As long as they are certified to give a level I course you should be good. I've seen topics about Kirkwood's program at TGR and they seem to be legit. Hop over to splitboard and post questions about avy courses in the Tahoe area. I am sure some of the guys there like san frantisco or bcrider will have some info. 
If you are needing to get gear, Patroller Supply extends discounts on avy gear to those I pass along to them. They carry low end to high end beacons all at a discount already. If you are looking for a good budget beacon the Ortovox D3 is pretty dang good and gives you the digital beacon benefits. Get a metal shovel, plastics suck for removing avalanche debris. You'll want to give them a call or leave a note about the referral. 

Regardless I know the gear and a course is not cheap, but don't skimp it.

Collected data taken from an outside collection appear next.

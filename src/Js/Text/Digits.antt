-- ===== src/Js/Text/Digits.antt =====
-- Decimals denote the number that they were made from: the fuel of `decimal` is enough.
use Prim.Native.Char.{code}
use Prim.Native.String
use package.text.Mathlib.TextLemmas.{nil-append, cons-append}
use telemetryhub.Common.{
  ℕ, zero, suc, ◌+◌, ◌-◌, ◌*◌, ◌/◌, ◌%◌, ◌<◌, String, ◌≡◌, arith, ltb, ap, ◌∙◌, Bool-cases, inl,
  inr, leb, ◌&&◌, true, false, refl,
}
use telemetryhub.Js.Text.{decimal, decimal_from, digit, is_empty}

-- The number that digits denote, after some that denote `acc`.
unfoldable pub value_from : ℕ → String → ℕ
value_from acc String.[] = acc
value_from acc (String.◌∷◌ c s) = value_from (acc * 10 + (code c - b'0')) s

pub value_from-append :
    (acc : ℕ) (s t : String) → value_from acc (String.◌++◌ s t) ≡ value_from (value_from acc s) t
unfolding value_from
value_from-append acc String.[] t = ap (value_from acc) (nil-append t)
value_from-append acc (String.◌∷◌ c s) t =
    rw (cons-append c s t) (value_from-append (acc * 10 + (code c - b'0')) s t)

value_from-digit : (acc n : ℕ) → n < 10 → value_from acc (digit n) ≡ acc * 10 + n
unfolding value_from
value_from-digit acc zero h = omega arith
value_from-digit acc (suc zero) h = omega arith
value_from-digit acc (suc (suc zero)) h = omega arith
value_from-digit acc (suc (suc (suc zero))) h = omega arith
value_from-digit acc (suc (suc (suc (suc zero)))) h = omega arith
value_from-digit acc (suc (suc (suc (suc (suc zero))))) h = omega arith
value_from-digit acc (suc (suc (suc (suc (suc (suc zero)))))) h = omega arith
value_from-digit acc (suc (suc (suc (suc (suc (suc (suc zero))))))) h = omega arith
value_from-digit acc (suc (suc (suc (suc (suc (suc (suc (suc zero)))))))) h = omega arith
value_from-digit acc (suc (suc (suc (suc (suc (suc (suc (suc (suc zero))))))))) h = omega arith
value_from-digit acc (suc (suc (suc (suc (suc (suc (suc (suc (suc (suc n)))))))))) h =
    absurd (omega arith)

-- 10 ^ fuel
abbrev pub bound : ℕ → ℕ
bound zero = 1
bound (suc fuel) = 10 * bound fuel

decimal_from_value : (fuel n : ℕ) → n < bound fuel → value_from 0 (decimal_from fuel n) ≡ n
unfolding decimal_from value_from
decimal_from_value zero n h = omega arith
decimal_from_value (suc fuel) n h = elim (Bool-cases (ltb n 10)) [
  | inl last ↦ rw last (value_from-digit 0 n (ground arith) ∙ omega arith)
  | inr more ↦
      let front = decimal_from fuel (n / 10) in
      rw more (
        value_from-append 0 front (digit (n % 10))
        ∙ ap (λ a. value_from a (digit (n % 10))) (decimal_from_value fuel (n / 10) (omega arith))
        ∙ value_from-digit (n / 10) (n % 10) (omega arith)
        ∙ omega arith)
]

pub decimal_value : (n : ℕ) → n < 10000000000000000 → value_from 0 (decimal n) ≡ n
unfolding decimal
decimal_value n h = decimal_from_value 16 n h

-- Whether a text has digits only, and at least one.
abbrev pub Digits : String → Type 0
Digits String.[] = Unit
Digits (String.◌∷◌ c s) = ((leb b'0' (code c) && leb (code c) b'9') ≡ true) × Digits s

abbrev pub IsDecimal : String → Type 0
IsDecimal s = (is_empty s ≡ false) × Digits s

pub append-IsDecimal : (s t : String) → Digits s → IsDecimal t → IsDecimal (String.◌++◌ s t)
append-IsDecimal String.[] t hs ht = rw (nil-append t) ht
append-IsDecimal (String.◌∷◌ c s) t hs ht =
    rw (cons-append c s t) (refl, (hs.0, (append-IsDecimal s t hs.1 ht).1))

digit-IsDecimal : (n : ℕ) → IsDecimal (digit n)
digit-IsDecimal zero = (refl, (refl, tt))
digit-IsDecimal (suc zero) = (refl, (refl, tt))
digit-IsDecimal (suc (suc zero)) = (refl, (refl, tt))
digit-IsDecimal (suc (suc (suc zero))) = (refl, (refl, tt))
digit-IsDecimal (suc (suc (suc (suc zero)))) = (refl, (refl, tt))
digit-IsDecimal (suc (suc (suc (suc (suc zero))))) = (refl, (refl, tt))
digit-IsDecimal (suc (suc (suc (suc (suc (suc zero)))))) = (refl, (refl, tt))
digit-IsDecimal (suc (suc (suc (suc (suc (suc (suc zero))))))) = (refl, (refl, tt))
digit-IsDecimal (suc (suc (suc (suc (suc (suc (suc (suc zero)))))))) = (refl, (refl, tt))
digit-IsDecimal (suc (suc (suc (suc (suc (suc (suc (suc (suc n))))))))) = (refl, (refl, tt))

decimal_from-Digits : (fuel n : ℕ) → Digits (decimal_from fuel n)
unfolding decimal_from
decimal_from-Digits zero n = tt
decimal_from-Digits (suc fuel) n = elim (Bool-cases (ltb n 10)) [
  | inl last ↦ rw last (digit-IsDecimal n).1
  | inr more ↦
      rw more
        (append-IsDecimal (decimal_from fuel (n / 10)) (digit (n % 10))
          (decimal_from-Digits fuel (n / 10)) (digit-IsDecimal (n % 10))).1
]

pub decimal-IsDecimal : (n : ℕ) → IsDecimal (decimal n)
unfolding decimal decimal_from
decimal-IsDecimal n = elim (Bool-cases (ltb n 10)) [
  | inl last ↦ rw last (digit-IsDecimal n)
  | inr more ↦ rw more (
      append-IsDecimal (decimal_from 15 (n / 10)) (digit (n % 10)) (decimal_from-Digits 15 (n / 10))
        (digit-IsDecimal (n % 10)))
]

After all, what is your life and your friend's life worth?


----------



## nzboardlife

Planning on doing work canada in 2010 for the winter olympics, anyone around whislter who split boards here?


----------



## X1n54n3x

nzboardlife, uh not to be a dick dude, but what does that have to do with nor cal backcountry? i mean you could very well have started a new thread asking that question. anyways im reviving this thread cause the seasons coming up and im really looking forward to some untracked unknown spots. ill do my best to document the spots i find (which will be mainly off of [email protected] around ebbetts pass) with pics and all that good stuff.


----------



## Guest

I think you should visit this country for more information....


----------



## X1n54n3x

ceruleanjet123 said:


> I think you should visit this country for more information....


which country...Canada?


----------



## Guest

You should think about any private jet flying so that you will have the best experience of trip.....


----------



## killclimbz

^^^Man, the spammers must really think we are a huge consumer base and want to buy their wares. WTF do jets have to with snowboarding? Maybe should try privatejets.com or something. Nobody was asking about locations we needed to fly to. Making a post so your sig shows is still spam. Hence BANNED.


----------



## X1n54n3x

niccee. i got excited when my email told me someone posted on here, but it turns out it was some douche bag promoting his jets. btw, who the fuck can afford a private jet on here??
back to the topic- NOR CAL POW POW BACKCOUNTRY!


----------



## killclimbz

I can tell you that peeps have been getting after it in NorCal already. Splitboard.com has lot's of Northern Cal riders there. Teton Gravity has a trip report or two up also. It is looking pretty good.


----------